How do I stop affair imagery rumination?
How do I defuse my desire to punish?
How do we build a structure for recovery, a safe environment and a goal of relationship stabilization?


----------



## Keepin-my-head-up (Jan 11, 2013)

Well, she already wants to stay with you do you have the reconciliation part down.

The other stuff, well you go to a therapist and work it out.
But even a therapist will tell you that these thoughts will most likely never disappear.
They will pop up.
They are now part of your life experience.
Even those 50% that reconcile (I will trust your numbers) will still have triggers and issues.

You want things to go back to the way they were?
Not going to happen because she isn't who you idolized all that time.

What will happen is you will learn to live with it if you so choose.
How to live with it I do not know.
Therapy, monitoring, and exeraise when stressed is the best advice I can give you


----------



## Wolf1974 (Feb 19, 2014)

Csocal said:


> I really do appreciate all your input, but while I've realized most of you who visit this thread have your own axes to grind and wounds to heal, calling me or my GF names doesnt really help with my chosen course of reconciliation.
> 
> Despite there only being 408 threads in "Long Term Success In Marriage" compared to 13,277 in "Coping with Infidelity", *more than 50% of marriages do survive infidelity*. Maybe one of you might share how you and your partner worked through the storm to come out the other side united and secure.
> 
> ...


Where do you get the more than 50% survive infidelity? I would like to see that research because for what I have seen cheating is a behavior pattern that is very likely to be repeated. (Infidelity is the, or close to The number one cause of divorce).

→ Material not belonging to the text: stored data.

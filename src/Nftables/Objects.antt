-- ===== src/Nftables/Objects.antt =====
-- `parse_counter`, `parse_quota` and `parse_limit` of crates/nlx-netlink/src/collectors/nftables.rs:
-- three loops that differ in what they read of an object's data.
use mathlib.Core.List.{foldl}
use mathlib.Core.Option
use netlink_exporter.Base.{
  ℕ, ◌/◌, ◌%◌, Bool, ◌||◌, not, [], Option, none, some, ltb, ◌==◌, if◌then◌else◌, length, is_empty,
  drop,
}
use netlink_exporter.Base.Text.{Text, codes}
use netlink_exporter.Nftables.{cstr_to_string, nfgenmsg_len, first_u32_be}
use netlink_exporter.Wire.{Bytes, Nla, parse_attrs, nested_attrs, read_u32_be, read_u64_be}

pub record NftCounter : Type 0 where
  pub table : Text
  pub name : Text
  pub bytes : ℕ
  pub packets : ℕ

pub record NftQuota : Type 0 where
  pub table : Text
  pub name : Text
  pub bytes_ceiling : ℕ
  pub bytes_consumed : ℕ
  pub depleted : Bool

pub record NftLimit : Type 0 where
  pub table : Text
  pub name : Text
  pub rate : ℕ
  pub unit_secs : ℕ
  pub burst : ℕ
  pub limit_type : Text

-- The variables of the three loops; `object_data` is what one of them reads of the data.
pub record Object (D : Type 0) : Type 0 where
  pub table : Text
  pub name : Text
  pub obj_type : ℕ
  pub object_data : D

pub record QuotaData : Type 0 where
  pub ceiling : ℕ
  pub consumed : ℕ
  pub quota_flags : ℕ

pub record LimitData : Type 0 where
  pub limit_rate : ℕ
  pub limit_unit : ℕ
  pub limit_burst : ℕ
  pub limit_type_raw : ℕ

unfoldable pub limit_type_label : ℕ → Text
limit_type_label limit_type =
    if limit_type == 0
    then codes "pkts"
    else if limit_type == 1
    then codes "bytes"
    else codes "other"

-- `NFTA_OBJ_TYPE` is 3.
unfoldable pub parse_obj_type : Bytes → Option ℕ
unfolding first_u32_be
parse_obj_type frame =
    if ltb (length frame) nfgenmsg_len
    then none
    else first_u32_be 3 (parse_attrs (drop nfgenmsg_len frame))

-- The matches on one attribute of the data.
unfoldable pub counter_attr : ℕ × ℕ → Nla → ℕ × ℕ
counter_attr (bytes, packets) a =
    if a.ty == 1
    then (Option.get_or (read_u64_be a.payload) 0, packets)
    else if a.ty == 2
    then (bytes, Option.get_or (read_u64_be a.payload) 0)
    else (bytes, packets)

unfoldable pub quota_attr : QuotaData → Nla → QuotaData
quota_attr q a =
    if a.ty == 1
    then record q { ceiling = Option.get_or (read_u64_be a.payload) 0 }
    else if a.ty == 2
    then record q { quota_flags = Option.get_or (read_u32_be a.payload) 0 }
    else if a.ty == 4
    then record q { consumed = Option.get_or (read_u64_be a.payload) 0 }
    else q

unfoldable pub limit_attr : LimitData → Nla → LimitData
limit_attr l a =
    if a.ty == 1
    then record l { limit_rate = Option.get_or (read_u64_be a.payload) 0 }
    else if a.ty == 2
    then record l { limit_unit = Option.get_or (read_u64_be a.payload) 1 }
    else if a.ty == 3
    then record l { limit_burst = Option.get_or (read_u32_be a.payload) 0 }
    else if a.ty == 4
    then record l { limit_type_raw = Option.get_or (read_u32_be a.payload) 0 }
    else l

module _ (lossy : Bytes → Text) where
  module _ {D : Type 0} (data_attr : D → Nla → D) where
    -- The match on one attribute of an object: 1 is the table, 2 the name, 3 the type, 4 the data.
    unfoldable pub object_attr : Object D → Nla → Object D
    object_attr o a =
        if a.ty == 1
        then record o { table = cstr_to_string lossy a.payload }
        else if a.ty == 2
        then record o { name = cstr_to_string lossy a.payload }
        else if a.ty == 3
        then record o { obj_type = Option.get_or (read_u32_be a.payload) 0 }
        else if a.ty == 4
        then record o { object_data = foldl data_attr o.object_data (nested_attrs a.payload) }
        else o

    -- The object in a frame, if it is of the type `wanted` and has a name.
    unfoldable pub parse_object : ℕ → D → Bytes → Option (Object D)
    unfolding object_attr
    parse_object wanted start frame =
        if ltb (length frame) nfgenmsg_len
        then none
        else let o : Object D =
            foldl object_attr (record { table = []; name = []; obj_type = 0; object_data = start })
              (parse_attrs (drop nfgenmsg_len frame)) in
          if not (o.obj_type == wanted) || is_empty o.name then none else some o

  unfoldable pub parse_counter : Bytes → Option NftCounter
  unfolding parse_object counter_attr
  parse_counter frame =
      Option.map
        (λ o. record {
          table = o.table;
          name = o.name;
          bytes = o.object_data.0;
          packets = o.object_data.1;
        })
        (parse_object counter_attr 1 (0, 0) frame)

  -- `NFT_QUOTA_F_DEPLETED` is 2.
  unfoldable pub parse_quota : Bytes → Option NftQuota
  unfolding parse_object quota_attr
  parse_quota frame =
      Option.map
        (λ o. record {
          table = o.table;
          name = o.name;
          bytes_ceiling = o.object_data.ceiling;
          bytes_consumed = o.object_data.consumed;
          depleted = o.object_data.quota_flags / 2 % 2 == 1;
        })
        (parse_object quota_attr 2 (record { ceiling = 0; consumed = 0; quota_flags = 0 }) frame)

  unfoldable pub parse_limit : Bytes → Option NftLimit
  unfolding parse_object limit_attr limit_type_label
  parse_limit frame =
      Option.map
        (λ o. record {
          table = o.table;
          name = o.name;
          rate = o.object_data.limit_rate;
          unit_secs = o.object_data.limit_unit;
          burst = o.object_data.limit_burst;
          limit_type = limit_type_label o.object_data.limit_type_raw;
        })
        (parse_object limit_attr 4
          (record { limit_rate = 0; limit_unit = 1; limit_burst = 0; limit_type_raw = 0 }) frame)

In other words you are going to deal with this aspect of her for as long as you stay with her. That's what people are trying wake you up from, you aren't listening. 

You have an illusion of what she is instead of seeing the reality of what she is.

Stay at your own peril

Please please don't make children with this women :frown2:


----------



## Csocal (Nov 5, 2015)

Wolf1974 said:


> Where do you get the more than 50% survive infidelity? I would like to see that research...


From Fox News Magazine, Scott Haltzman- "More than 50 percent of marriages can survive infidelity. Although the relationship may break up from other issues in the future, many couples are surprised when they find that they can stay together after an affair."

Dave Carder, licensed marriage and family therapist and author of Torn Asunder: Recovery from Extramarital Affairs also offers this encouraging stat. “The good news is there are huge numbers of marriages that don’t just survive affairs, they are significantly better than they were before the affair. The key to a marriage surviving an affair lies in its good marital history. If 20 percent of a couple’s history is simultaneously viewed as positive by both spouses, they have a better than 90 percent chance of making it.”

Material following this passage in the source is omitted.